### [Given entries]
________
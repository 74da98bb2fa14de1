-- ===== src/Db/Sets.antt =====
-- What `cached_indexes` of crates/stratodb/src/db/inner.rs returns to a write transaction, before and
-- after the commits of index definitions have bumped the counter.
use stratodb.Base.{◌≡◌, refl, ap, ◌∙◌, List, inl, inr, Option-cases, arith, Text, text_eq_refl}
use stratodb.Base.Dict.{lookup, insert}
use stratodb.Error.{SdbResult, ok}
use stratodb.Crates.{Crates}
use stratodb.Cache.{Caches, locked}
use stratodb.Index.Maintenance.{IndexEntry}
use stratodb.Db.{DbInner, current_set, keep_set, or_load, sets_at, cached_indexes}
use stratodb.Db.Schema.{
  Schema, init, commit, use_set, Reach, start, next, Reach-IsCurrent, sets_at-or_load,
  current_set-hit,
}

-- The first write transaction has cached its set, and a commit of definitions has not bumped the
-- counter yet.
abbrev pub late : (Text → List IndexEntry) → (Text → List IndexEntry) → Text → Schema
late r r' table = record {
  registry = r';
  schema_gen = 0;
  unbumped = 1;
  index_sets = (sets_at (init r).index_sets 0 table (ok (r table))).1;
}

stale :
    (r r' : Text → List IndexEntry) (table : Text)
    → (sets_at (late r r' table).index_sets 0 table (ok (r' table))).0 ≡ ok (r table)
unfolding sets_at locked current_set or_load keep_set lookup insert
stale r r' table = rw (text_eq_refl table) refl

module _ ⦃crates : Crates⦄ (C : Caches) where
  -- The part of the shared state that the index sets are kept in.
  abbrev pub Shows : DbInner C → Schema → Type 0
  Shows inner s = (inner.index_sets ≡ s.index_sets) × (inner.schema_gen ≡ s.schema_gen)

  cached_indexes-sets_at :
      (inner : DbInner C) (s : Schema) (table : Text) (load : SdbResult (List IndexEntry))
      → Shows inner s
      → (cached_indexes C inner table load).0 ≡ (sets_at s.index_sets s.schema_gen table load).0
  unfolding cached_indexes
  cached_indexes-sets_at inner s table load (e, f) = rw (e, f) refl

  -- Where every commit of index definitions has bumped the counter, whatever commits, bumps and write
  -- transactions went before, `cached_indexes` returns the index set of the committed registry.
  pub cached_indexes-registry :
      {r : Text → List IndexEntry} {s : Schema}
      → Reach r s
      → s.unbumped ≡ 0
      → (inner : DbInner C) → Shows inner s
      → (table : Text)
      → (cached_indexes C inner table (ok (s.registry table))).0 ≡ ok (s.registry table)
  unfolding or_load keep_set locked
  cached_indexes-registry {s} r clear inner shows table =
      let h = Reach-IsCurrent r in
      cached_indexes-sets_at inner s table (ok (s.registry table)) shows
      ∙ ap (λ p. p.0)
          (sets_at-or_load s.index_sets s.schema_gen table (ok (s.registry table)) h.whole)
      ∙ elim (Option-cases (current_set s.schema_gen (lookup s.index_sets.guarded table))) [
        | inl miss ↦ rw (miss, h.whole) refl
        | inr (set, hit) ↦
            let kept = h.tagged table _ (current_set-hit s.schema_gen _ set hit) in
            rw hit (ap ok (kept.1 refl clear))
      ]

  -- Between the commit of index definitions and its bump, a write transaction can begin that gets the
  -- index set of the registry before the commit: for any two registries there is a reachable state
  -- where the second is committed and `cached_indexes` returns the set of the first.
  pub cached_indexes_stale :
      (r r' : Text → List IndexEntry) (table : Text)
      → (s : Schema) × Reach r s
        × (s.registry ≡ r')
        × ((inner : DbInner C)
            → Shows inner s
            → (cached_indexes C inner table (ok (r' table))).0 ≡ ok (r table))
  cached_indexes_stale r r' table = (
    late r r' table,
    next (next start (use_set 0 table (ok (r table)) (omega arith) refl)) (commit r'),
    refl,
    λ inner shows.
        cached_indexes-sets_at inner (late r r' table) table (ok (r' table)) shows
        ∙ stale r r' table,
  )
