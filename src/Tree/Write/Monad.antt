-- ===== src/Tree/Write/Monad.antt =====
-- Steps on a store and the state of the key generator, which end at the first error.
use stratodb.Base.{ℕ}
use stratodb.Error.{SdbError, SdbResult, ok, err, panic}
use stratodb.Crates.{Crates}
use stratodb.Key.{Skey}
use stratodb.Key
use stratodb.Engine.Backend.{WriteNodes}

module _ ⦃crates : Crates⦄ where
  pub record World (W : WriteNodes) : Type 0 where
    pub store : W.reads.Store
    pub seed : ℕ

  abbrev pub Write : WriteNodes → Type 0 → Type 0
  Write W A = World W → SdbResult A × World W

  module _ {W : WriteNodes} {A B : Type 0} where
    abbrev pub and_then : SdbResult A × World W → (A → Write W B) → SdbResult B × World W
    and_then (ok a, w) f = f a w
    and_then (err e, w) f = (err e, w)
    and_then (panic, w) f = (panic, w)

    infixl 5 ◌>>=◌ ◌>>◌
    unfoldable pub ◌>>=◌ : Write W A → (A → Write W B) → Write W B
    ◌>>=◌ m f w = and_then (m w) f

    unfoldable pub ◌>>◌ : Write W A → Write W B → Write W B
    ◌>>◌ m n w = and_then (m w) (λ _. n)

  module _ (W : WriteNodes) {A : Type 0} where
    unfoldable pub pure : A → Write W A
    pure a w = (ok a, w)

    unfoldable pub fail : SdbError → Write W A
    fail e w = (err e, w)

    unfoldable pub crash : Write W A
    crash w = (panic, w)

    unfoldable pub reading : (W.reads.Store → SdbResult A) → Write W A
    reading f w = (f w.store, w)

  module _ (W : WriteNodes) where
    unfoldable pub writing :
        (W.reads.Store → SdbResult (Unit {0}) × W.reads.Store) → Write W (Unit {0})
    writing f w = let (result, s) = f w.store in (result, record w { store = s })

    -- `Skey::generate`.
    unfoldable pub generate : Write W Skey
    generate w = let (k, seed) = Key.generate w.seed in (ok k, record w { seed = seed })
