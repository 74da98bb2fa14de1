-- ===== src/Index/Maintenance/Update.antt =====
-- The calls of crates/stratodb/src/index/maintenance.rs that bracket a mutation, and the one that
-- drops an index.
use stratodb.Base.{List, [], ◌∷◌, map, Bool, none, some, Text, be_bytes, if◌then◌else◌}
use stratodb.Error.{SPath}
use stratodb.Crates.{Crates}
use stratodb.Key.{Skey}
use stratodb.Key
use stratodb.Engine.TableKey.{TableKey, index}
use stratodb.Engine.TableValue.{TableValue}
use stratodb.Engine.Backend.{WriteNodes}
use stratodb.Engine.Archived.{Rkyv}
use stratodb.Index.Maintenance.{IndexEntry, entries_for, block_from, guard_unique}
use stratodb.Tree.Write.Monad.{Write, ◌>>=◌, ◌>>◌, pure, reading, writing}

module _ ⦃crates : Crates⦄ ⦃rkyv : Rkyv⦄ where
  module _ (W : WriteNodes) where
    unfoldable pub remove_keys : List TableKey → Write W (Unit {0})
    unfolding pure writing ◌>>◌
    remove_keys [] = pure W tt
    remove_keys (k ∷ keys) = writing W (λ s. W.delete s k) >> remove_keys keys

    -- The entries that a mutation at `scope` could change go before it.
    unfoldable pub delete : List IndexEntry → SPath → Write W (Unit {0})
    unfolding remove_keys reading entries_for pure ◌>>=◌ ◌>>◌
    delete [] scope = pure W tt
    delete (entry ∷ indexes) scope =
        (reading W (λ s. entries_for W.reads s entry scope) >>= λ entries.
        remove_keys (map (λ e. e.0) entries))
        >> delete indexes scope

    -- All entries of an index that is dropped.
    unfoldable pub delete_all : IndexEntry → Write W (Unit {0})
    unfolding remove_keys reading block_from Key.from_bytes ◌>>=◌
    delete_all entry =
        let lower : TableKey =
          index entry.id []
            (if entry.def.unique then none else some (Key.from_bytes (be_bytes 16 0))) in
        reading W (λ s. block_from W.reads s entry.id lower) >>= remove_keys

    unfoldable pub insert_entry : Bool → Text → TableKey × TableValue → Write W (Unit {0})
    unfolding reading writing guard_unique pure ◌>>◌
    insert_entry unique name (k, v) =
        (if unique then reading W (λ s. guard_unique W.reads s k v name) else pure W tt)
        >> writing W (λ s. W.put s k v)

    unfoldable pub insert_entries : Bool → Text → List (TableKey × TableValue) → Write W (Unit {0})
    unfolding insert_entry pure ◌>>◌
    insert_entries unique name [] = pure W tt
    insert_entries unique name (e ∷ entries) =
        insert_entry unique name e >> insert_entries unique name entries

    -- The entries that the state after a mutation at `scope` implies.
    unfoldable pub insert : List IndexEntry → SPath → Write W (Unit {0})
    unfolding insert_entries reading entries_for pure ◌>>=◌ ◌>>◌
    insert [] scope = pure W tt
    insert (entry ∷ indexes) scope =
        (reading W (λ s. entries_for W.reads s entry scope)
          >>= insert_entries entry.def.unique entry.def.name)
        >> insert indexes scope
________
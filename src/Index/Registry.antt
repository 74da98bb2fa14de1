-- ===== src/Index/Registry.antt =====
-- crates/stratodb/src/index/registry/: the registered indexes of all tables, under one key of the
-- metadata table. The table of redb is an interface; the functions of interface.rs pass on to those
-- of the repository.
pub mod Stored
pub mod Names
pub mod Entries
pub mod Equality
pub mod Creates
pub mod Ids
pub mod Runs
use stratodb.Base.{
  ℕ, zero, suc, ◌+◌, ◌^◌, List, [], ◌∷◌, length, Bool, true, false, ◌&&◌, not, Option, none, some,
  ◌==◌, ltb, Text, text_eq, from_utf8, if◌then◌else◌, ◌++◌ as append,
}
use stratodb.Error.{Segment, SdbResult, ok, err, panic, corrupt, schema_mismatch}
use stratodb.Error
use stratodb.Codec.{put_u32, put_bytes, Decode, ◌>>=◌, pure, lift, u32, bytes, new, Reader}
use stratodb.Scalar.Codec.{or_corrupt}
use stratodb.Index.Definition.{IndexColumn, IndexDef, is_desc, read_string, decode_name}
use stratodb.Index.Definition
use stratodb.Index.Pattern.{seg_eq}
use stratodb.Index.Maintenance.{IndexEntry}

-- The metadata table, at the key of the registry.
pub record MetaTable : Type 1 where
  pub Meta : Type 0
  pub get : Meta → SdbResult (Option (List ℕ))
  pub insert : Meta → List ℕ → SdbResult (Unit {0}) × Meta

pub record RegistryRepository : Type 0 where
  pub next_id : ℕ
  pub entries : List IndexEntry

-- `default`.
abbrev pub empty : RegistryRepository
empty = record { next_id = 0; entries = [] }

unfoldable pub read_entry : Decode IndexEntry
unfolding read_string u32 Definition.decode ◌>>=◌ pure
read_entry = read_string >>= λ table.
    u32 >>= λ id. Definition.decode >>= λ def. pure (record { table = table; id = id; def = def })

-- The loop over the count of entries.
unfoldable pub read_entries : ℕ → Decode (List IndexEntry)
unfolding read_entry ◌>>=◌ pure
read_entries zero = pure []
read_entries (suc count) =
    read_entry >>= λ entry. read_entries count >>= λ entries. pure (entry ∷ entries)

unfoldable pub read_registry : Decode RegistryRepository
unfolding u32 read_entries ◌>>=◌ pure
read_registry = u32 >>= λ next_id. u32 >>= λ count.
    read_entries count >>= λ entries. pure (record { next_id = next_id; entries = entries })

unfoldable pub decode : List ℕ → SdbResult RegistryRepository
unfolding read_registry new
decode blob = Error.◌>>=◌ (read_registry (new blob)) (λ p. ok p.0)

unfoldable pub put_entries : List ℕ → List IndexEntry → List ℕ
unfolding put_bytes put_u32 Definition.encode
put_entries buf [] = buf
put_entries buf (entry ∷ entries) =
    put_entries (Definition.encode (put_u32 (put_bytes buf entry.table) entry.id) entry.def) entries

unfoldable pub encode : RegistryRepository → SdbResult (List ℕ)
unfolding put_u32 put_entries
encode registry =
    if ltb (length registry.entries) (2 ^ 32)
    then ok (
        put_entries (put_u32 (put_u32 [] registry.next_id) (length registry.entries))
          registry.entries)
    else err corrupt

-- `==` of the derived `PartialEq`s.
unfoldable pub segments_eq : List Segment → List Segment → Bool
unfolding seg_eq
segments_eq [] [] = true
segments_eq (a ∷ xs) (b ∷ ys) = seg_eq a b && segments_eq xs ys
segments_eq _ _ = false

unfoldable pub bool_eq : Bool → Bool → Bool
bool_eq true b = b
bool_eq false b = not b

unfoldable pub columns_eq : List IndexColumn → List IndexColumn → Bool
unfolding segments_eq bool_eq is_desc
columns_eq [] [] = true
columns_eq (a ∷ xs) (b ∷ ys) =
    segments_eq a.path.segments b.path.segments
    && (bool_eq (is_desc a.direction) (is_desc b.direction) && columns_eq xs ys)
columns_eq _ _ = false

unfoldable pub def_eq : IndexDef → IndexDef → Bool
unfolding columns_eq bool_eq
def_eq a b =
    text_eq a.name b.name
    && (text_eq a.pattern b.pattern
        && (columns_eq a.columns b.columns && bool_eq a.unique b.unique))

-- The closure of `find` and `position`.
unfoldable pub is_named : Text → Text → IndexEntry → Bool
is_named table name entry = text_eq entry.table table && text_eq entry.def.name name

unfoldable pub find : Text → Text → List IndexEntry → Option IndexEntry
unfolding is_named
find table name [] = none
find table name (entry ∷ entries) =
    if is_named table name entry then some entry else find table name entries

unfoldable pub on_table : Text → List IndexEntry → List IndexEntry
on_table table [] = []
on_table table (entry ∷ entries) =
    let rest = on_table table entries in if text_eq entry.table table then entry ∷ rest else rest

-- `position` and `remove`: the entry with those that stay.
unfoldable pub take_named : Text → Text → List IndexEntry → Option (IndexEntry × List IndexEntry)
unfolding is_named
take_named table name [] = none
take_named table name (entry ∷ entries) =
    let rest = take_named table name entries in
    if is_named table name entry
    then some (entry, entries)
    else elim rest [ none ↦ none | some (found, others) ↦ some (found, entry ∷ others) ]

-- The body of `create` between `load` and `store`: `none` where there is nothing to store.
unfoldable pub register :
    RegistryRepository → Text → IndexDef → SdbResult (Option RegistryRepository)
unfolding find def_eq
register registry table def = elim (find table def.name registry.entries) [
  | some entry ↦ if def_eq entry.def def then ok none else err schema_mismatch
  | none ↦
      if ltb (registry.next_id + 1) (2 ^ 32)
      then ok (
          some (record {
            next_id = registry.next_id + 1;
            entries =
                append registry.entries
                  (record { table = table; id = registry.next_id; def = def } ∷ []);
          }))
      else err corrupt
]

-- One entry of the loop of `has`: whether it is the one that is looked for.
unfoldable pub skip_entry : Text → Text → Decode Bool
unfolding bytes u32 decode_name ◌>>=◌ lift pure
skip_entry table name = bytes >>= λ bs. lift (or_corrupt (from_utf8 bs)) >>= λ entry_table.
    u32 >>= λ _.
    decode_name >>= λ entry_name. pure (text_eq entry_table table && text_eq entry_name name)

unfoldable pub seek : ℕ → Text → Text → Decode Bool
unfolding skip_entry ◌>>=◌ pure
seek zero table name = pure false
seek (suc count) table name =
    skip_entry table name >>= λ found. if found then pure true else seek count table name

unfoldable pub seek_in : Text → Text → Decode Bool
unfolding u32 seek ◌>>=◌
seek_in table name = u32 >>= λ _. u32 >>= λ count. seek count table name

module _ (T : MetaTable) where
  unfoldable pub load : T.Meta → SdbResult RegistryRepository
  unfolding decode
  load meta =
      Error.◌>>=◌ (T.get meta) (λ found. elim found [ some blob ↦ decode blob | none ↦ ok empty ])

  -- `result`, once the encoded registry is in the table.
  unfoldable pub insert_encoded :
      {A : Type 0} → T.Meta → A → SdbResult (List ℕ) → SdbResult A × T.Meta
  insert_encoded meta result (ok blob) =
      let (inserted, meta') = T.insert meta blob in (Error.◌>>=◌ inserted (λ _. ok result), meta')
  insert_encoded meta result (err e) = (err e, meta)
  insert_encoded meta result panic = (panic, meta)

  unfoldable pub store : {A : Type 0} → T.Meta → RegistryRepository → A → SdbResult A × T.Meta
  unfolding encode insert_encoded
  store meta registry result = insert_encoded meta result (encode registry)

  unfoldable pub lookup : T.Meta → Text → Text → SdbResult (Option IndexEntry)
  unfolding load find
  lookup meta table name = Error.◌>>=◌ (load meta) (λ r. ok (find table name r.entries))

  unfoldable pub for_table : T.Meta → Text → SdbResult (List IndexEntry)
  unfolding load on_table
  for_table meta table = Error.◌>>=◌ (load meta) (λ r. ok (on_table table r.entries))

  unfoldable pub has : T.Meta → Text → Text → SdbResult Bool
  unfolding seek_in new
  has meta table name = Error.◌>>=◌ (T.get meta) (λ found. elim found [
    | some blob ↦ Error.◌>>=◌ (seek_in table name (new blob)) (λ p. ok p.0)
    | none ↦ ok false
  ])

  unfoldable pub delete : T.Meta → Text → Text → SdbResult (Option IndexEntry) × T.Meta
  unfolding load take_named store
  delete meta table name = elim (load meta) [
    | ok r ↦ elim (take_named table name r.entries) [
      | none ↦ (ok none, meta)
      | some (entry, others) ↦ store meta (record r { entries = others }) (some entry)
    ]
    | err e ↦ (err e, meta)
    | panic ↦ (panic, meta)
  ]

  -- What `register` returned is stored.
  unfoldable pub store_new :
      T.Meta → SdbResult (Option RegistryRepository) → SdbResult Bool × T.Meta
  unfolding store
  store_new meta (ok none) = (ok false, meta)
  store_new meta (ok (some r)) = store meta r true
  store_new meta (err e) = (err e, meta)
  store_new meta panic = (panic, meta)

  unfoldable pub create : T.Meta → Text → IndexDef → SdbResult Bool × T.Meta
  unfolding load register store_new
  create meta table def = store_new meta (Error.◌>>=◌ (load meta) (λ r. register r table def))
________
### [Activity]
Among the records above, only the lines between the line holding "pub seed : ℕ" and the line holding "reading f w = (f w.store, w)", inclusive, are to be output, exactly as written.

### [Response]
    pub seed : ℕ

  abbrev pub Write : WriteNodes → Type 0 → Type 0
  Write W A = World W → SdbResult A × World W

  module _ {W : WriteNodes} {A B : Type 0} where
    abbrev pub and_then : SdbResult A × World W → (A → Write W B) → SdbResult B × World W
    and_then (ok a, w) f = f a w
    and_then (err e, w) f = (err e, w)
    and_then (panic, w) f = (panic, w)

    infixl 5 ◌>>=◌ ◌>>◌
    unfoldable pub ◌>>=◌ : Write W A → (A → Write W B) → Write W B
    ◌>>=◌ m f w = and_then (m w) f

    unfoldable pub ◌>>◌ : Write W A → Write W B → Write W B
    ◌>>◌ m n w = and_then (m w) (λ _. n)

  module _ (W : WriteNodes) {A : Type 0} where
    unfoldable pub pure : A → Write W A
    pure a w = (ok a, w)

    unfoldable pub fail : SdbError → Write W A
    fail e w = (err e, w)

    unfoldable pub crash : Write W A
    crash w = (panic, w)

    unfoldable pub reading : (W.reads.Store → SdbResult A) → Write W A
    reading f w = (f w.store, w)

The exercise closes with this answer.